__EXERCISE DESCRIPTION__
Look through the data below and extract, unchanged, the lines from the one that contains "pub msg_id : h.msg_id < 2 ^ 64" to the one that contains "let version = from_le_bytes (slice 4 2 buf)", both included.
━━ SUPPLIED MATERIAL ━━
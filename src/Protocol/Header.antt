-- ===== src/Protocol/Header.antt =====
-- crates/laic/src/protocol/header.rs: the fixed 40-byte header and its little-endian encoding.
-- A buffer is a list of bytes. The fields are numbers below the widths that `InRange` states.
pub mod Layout
pub mod Writes
pub mod Decode
pub mod RoundTrip
use laic.Prelude.{ℕ, ◌+◌, ◌^◌, ◌<◌, Bool, not, List, [], ◌∷◌, ◌++◌, length, slice, write_at, get_or}
use laic.Prelude.{Result, ok, err, ◌>>=◌, ◌>>◌, map_err, err_if, ltb, ◌==◌}
use laic.Prelude.Bytes.{IsByte, to_le_bytes, from_le_bytes}
use laic.Protocol.Constants
use laic.Protocol.PayloadFormat
use laic.Protocol.Qos
use laic.Error.{LaicError, protocol}
use laic.Error.Protocol.{buffer_too_short, invalid_magic, unsupported_version}

-- `[u8; 4]`
abbrev pub Reserved : Type 0
Reserved = ℕ × ℕ × ℕ × ℕ

abbrev pub reserved_bytes : Reserved → List ℕ
reserved_bytes (a, b, c, d) = a ∷ b ∷ c ∷ d ∷ []

pub record MessageHeader : Type 0 where
  pub magic : ℕ
  pub version : ℕ
  pub msg_type : ℕ
  pub msg_id : ℕ
  pub correlation_id : ℕ
  pub payload_len : ℕ
  pub payload_format : ℕ
  pub qos : ℕ
  pub credit_grant : ℕ
  pub flags : ℕ
  pub reserved : Reserved

-- Every field fits its Rust type.
pub record InRange (h : MessageHeader) : Type 0 where
  pub magic : h.magic < 2 ^ 32
  pub version : h.version < 2 ^ 16
  pub msg_type : h.msg_type < 2 ^ 16
  pub msg_id : h.msg_id < 2 ^ 64
  pub correlation_id : h.correlation_id < 2 ^ 64
  pub payload_len : h.payload_len < 2 ^ 32
  pub payload_format : h.payload_format < 2 ^ 8
  pub qos : h.qos < 2 ^ 8
  pub credit_grant : h.credit_grant < 2 ^ 16
  pub flags : h.flags < 2 ^ 32

-- The buffer after a successful call. The writes follow the last check, so that a failing call
-- leaves `buf` as it was.
unfoldable pub encode : MessageHeader → List ℕ → Result (List ℕ) LaicError
encode self buf = do
  err_if (ltb (length buf) Constants.header_size)
      (protocol (buffer_too_short (length buf) Constants.header_size))
  err_if (not (self.magic == Constants.magic)) (protocol (invalid_magic self.magic))
  err_if (not (self.version == Constants.version)) (protocol (unsupported_version self.version))
  map_err protocol (PayloadFormat.from_u8 self.payload_format)
  map_err protocol (Qos.from_u8 self.qos)
  let buf = write_at 0 (to_le_bytes 4 self.magic) buf
  let buf = write_at 4 (to_le_bytes 2 self.version) buf
  let buf = write_at 6 (to_le_bytes 2 self.msg_type) buf
  let buf = write_at 8 (to_le_bytes 8 self.msg_id) buf
  let buf = write_at 16 (to_le_bytes 8 self.correlation_id) buf
  let buf = write_at 24 (to_le_bytes 4 self.payload_len) buf
  let buf = write_at 28 (self.payload_format ∷ []) buf
  let buf = write_at 29 (self.qos ∷ []) buf
  let buf = write_at 30 (to_le_bytes 2 self.credit_grant) buf
  let buf = write_at 32 (to_le_bytes 4 self.flags) buf
  let buf = write_at 36 (reserved_bytes self.reserved) buf
  ok buf

-- `buf[i]`, for an index within `buf`
abbrev pub at : List ℕ → ℕ → ℕ
at buf i = get_or buf i 0

unfoldable pub decode : List ℕ → Result MessageHeader LaicError
decode buf = do
  err_if (ltb (length buf) Constants.header_size)
      (protocol (buffer_too_short (length buf) Constants.header_size))
  let magic = from_le_bytes (slice 0 4 buf)
  err_if (not (magic == Constants.magic)) (protocol (invalid_magic magic))
  let version = from_le_bytes (slice 4 2 buf)
  err_if (not (version == Constants.version)) (protocol (unsupported_version version))
  let payload_format = at buf 28
  map_err protocol (PayloadFormat.from_u8 payload_format)
  let qos = at buf 29
  map_err protocol (Qos.from_u8 qos)
  ok (record {
    magic = magic;
    version = version;
    msg_type = from_le_bytes (slice 6 2 buf);
    msg_id = from_le_bytes (slice 8 8 buf);
    correlation_id = from_le_bytes (slice 16 8 buf);
    payload_len = from_le_bytes (slice 24 4 buf);
    payload_format = payload_format;
    qos = qos;
    credit_grant = from_le_bytes (slice 30 2 buf);
    flags = from_le_bytes (slice 32 4 buf);
    reserved = (at buf 36, at buf 37, at buf 38, at buf 39);
  })
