-- ===== src/Lib.antt =====
-- The verification library of MassNet-miner, the miner of the MASS blockchain.
--
-- The miner plots files ("spaces", or work spaces) that hold the inverse of a hash-like function P,
-- keeps them in a space keeper that the API acts upon, and looks up proofs of capacity in them when a
-- block is mined.
--
-- Parts and files
--   Common        the names that all parts share: numbers, lists, Boolean tests, bytes.
--   MassDb        poc/engine/massdb/massdb.v1, the file of a space.
--     Base        the library's functions P and flip as a record PocUtil of parameters, of which
--                 Documented states what their documentation says; errors; files.
--     Files       what a write leaves of a file.
--     HashMap     hashmap.go: HashMap, HashMapA, HashMapB with create_map_file (createMapFile),
--                 load (LoadHashMap), get_a, set_a, get_b, set_b (Get, Set). Its children are on the
--                 slots of the records, on Get and Set, and on the header.
--     Cache       cache.go: MemCache with its copy to a file, write_to_writer (WriteToWriter).
--     PrePlot     plot.go: pre_plot_work (prePlotWork), the first half of a plot, with its windows,
--                 checkpoints, stop signals and memory. Its children prove what it leaves behind,
--                 that it ends, and where it does not.
--     Plot        plot.go: plot_work (plotWork), the second half of a plot, with the buffered reading of
--                 map A (Reads, and where it fails, Displaced), its scan (Scan), its rounds (Round,
--                 Work), its end (Total), and what Get of map B then returns (Lookup, Proven, Fresh).
--   Engine        poc/engine/engine.go: the states of a space, their flags, the actions.
--     Flags       States, IsNone and Contains of the flags of a choice of states.
--   Keeper        poc/engine/spacekeeper/capacity, the space keeper.
--     Index       workspace.go: WorkSpaceMap.
--     State       the record SpaceKeeper, the queue and the channel; changeState (move).
--     Actions     capacity.go: plot_ws, mine_ws, stop_ws, remove_ws, delete_ws (PlotWS and so on)
--                 and act_on_work_space (ActOnWorkSpace).
--     Plotting    space_plotter.go: the critical sections of the plotter, begin_plot and end_plot
--                 (Step 1 and Step 3 of plotSpace), pop_item, add_space (addSpaces), quit_plotter.
--     Steps       the interleavings of actions and plotter, as a step relation.
--     The other files prove the invariant (Invariant, Replies, Disuse, Safe, Served, Plotted,
--     Initial), what it gives (Reached, Turns), and what sequences of actions do (Behaviour, Pending).
--   Configure     capacity.go: the lists of spaces that fill a configured size (fillSpaceListBySize,
--                 fillSpaceListByPathSize, generateFillSpaceListBySize) in Fill, with proofs in
--                 Bounds, Outcome and Generate; applyConfiguredWorkSpaces in Apply, with proofs
--                 in Applied, InUse and Configured.
--   Fractal       fractal, the network of collectors under a superior.
--     Base        decoding that returns, fails or dereferences nil; the types of other repositories.
--     Hex, BigInt, Json   encoding/hex, math/big, and the values of encoding/json.
--     Qualities, Proofs, Signatures   protocol/protocol.go: the messages with Msg (x_msg), SetMsg
--                 (new_x, set_x), Bytes (x_json) and SetBytes (read_x).
--     Message     protocol/message.go: encode_message, decode_message (EncodeMessage, DecodeMessage).
--     Collector   collector.go: on_request_qualities (onRequestQualities) with its slots; Slots proves
--                 what it reports.
--     RoundTrip, Rejects, Returns   proofs on the messages.
--   A file Tests holds the concrete examples of a part.
--
-- State and effects. A file is a function from positions to bytes, with a size; an operation takes it
-- and returns it. A record's field stands for a struct's field of the same name. An error is a value
-- of DbError or SkError. What the world does to a loop (the stop signal, free memory, a failing disk)
-- is a stream that the loop is given, so that a theorem that quantifies over it holds whenever the
-- signal comes. A method of the keeper runs under the keeper's lock and is one step; the store of
-- spaces and requests is a function from references, since several indexes point to one space. What
-- MassDB's Delete and StopPlot come to is an argument of the action that calls them (DbReplies), the
-- panic of StopPlot included.
--
-- Bounds and fuel. The logging of a plot divides by a fiftieth of the records, or a hundredth of the
-- volume; the panic on a smaller map is modelled, and a theorem that promises an end without an error
-- asks for larger ones. A bit length is bounded as createMapFile's callers bound it, where a theorem
-- says so. The loop of prePlotWork runs on fuel: the theorem on its end gives the fuel that is
-- enough, and the theorem on its not ending holds for all fuel. The loop of plotWork has enough
-- fuel with a round for each pair and one more. The loop that generates spaces has enough fuel with
-- one more than the target size, since no plot is empty. Sizes are below 2 ^ 63, where a Go int
-- does not wrap.
--
-- Not modelled: MassDBV1, the data race between addSpaces, which takes no lock, and the queue's
-- Delete, the Configure methods around the filling of a size, the keeper's actions by flags, the
-- chia keeper and its miner, the miners, the fractal network's superior and connections, the
-- wallet, the API, the command line, and generated code. P and flip of mass-core's pocutil, plot
-- sizes, hashes, keys, and the priority queue are not in the repository: they are parameters, or,
-- for the queue, the bag of its requests.
pub mod Common
pub mod MassDb
pub mod Engine
pub mod Keeper
pub mod Configure
pub mod Fractal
━━━
__EXERCISE ANSWER__
  pub msg_id : h.msg_id < 2 ^ 64
  pub correlation_id : h.correlation_id < 2 ^ 64
  pub payload_len : h.payload_len < 2 ^ 32
  pub payload_format : h.payload_format < 2 ^ 8
  pub qos : h.qos < 2 ^ 8
  pub credit_grant : h.credit_grant < 2 ^ 16
  pub flags : h.flags < 2 ^ 32

-- The buffer after a successful call. The writes follow the last check, so that a failing call
-- leaves `buf` as it was.
unfoldable pub encode : MessageHeader → List ℕ → Result (List ℕ) LaicError
encode self buf = do
  err_if (ltb (length buf) Constants.header_size)
      (protocol (buffer_too_short (length buf) Constants.header_size))
  err_if (not (self.magic == Constants.magic)) (protocol (invalid_magic self.magic))
  err_if (not (self.version == Constants.version)) (protocol (unsupported_version self.version))
  map_err protocol (PayloadFormat.from_u8 self.payload_format)
  map_err protocol (Qos.from_u8 self.qos)
  let buf = write_at 0 (to_le_bytes 4 self.magic) buf
  let buf = write_at 4 (to_le_bytes 2 self.version) buf
  let buf = write_at 6 (to_le_bytes 2 self.msg_type) buf
  let buf = write_at 8 (to_le_bytes 8 self.msg_id) buf
  let buf = write_at 16 (to_le_bytes 8 self.correlation_id) buf
  let buf = write_at 24 (to_le_bytes 4 self.payload_len) buf
  let buf = write_at 28 (self.payload_format ∷ []) buf
  let buf = write_at 29 (self.qos ∷ []) buf
  let buf = write_at 30 (to_le_bytes 2 self.credit_grant) buf
  let buf = write_at 32 (to_le_bytes 4 self.flags) buf
  let buf = write_at 36 (reserved_bytes self.reserved) buf
  ok buf

-- `buf[i]`, for an index within `buf`
abbrev pub at : List ℕ → ℕ → ℕ
at buf i = get_or buf i 0

unfoldable pub decode : List ℕ → Result MessageHeader LaicError
decode buf = do
  err_if (ltb (length buf) Constants.header_size)
      (protocol (buffer_too_short (length buf) Constants.header_size))
  let magic = from_le_bytes (slice 0 4 buf)
  err_if (not (magic == Constants.magic)) (protocol (invalid_magic magic))
  let version = from_le_bytes (slice 4 2 buf)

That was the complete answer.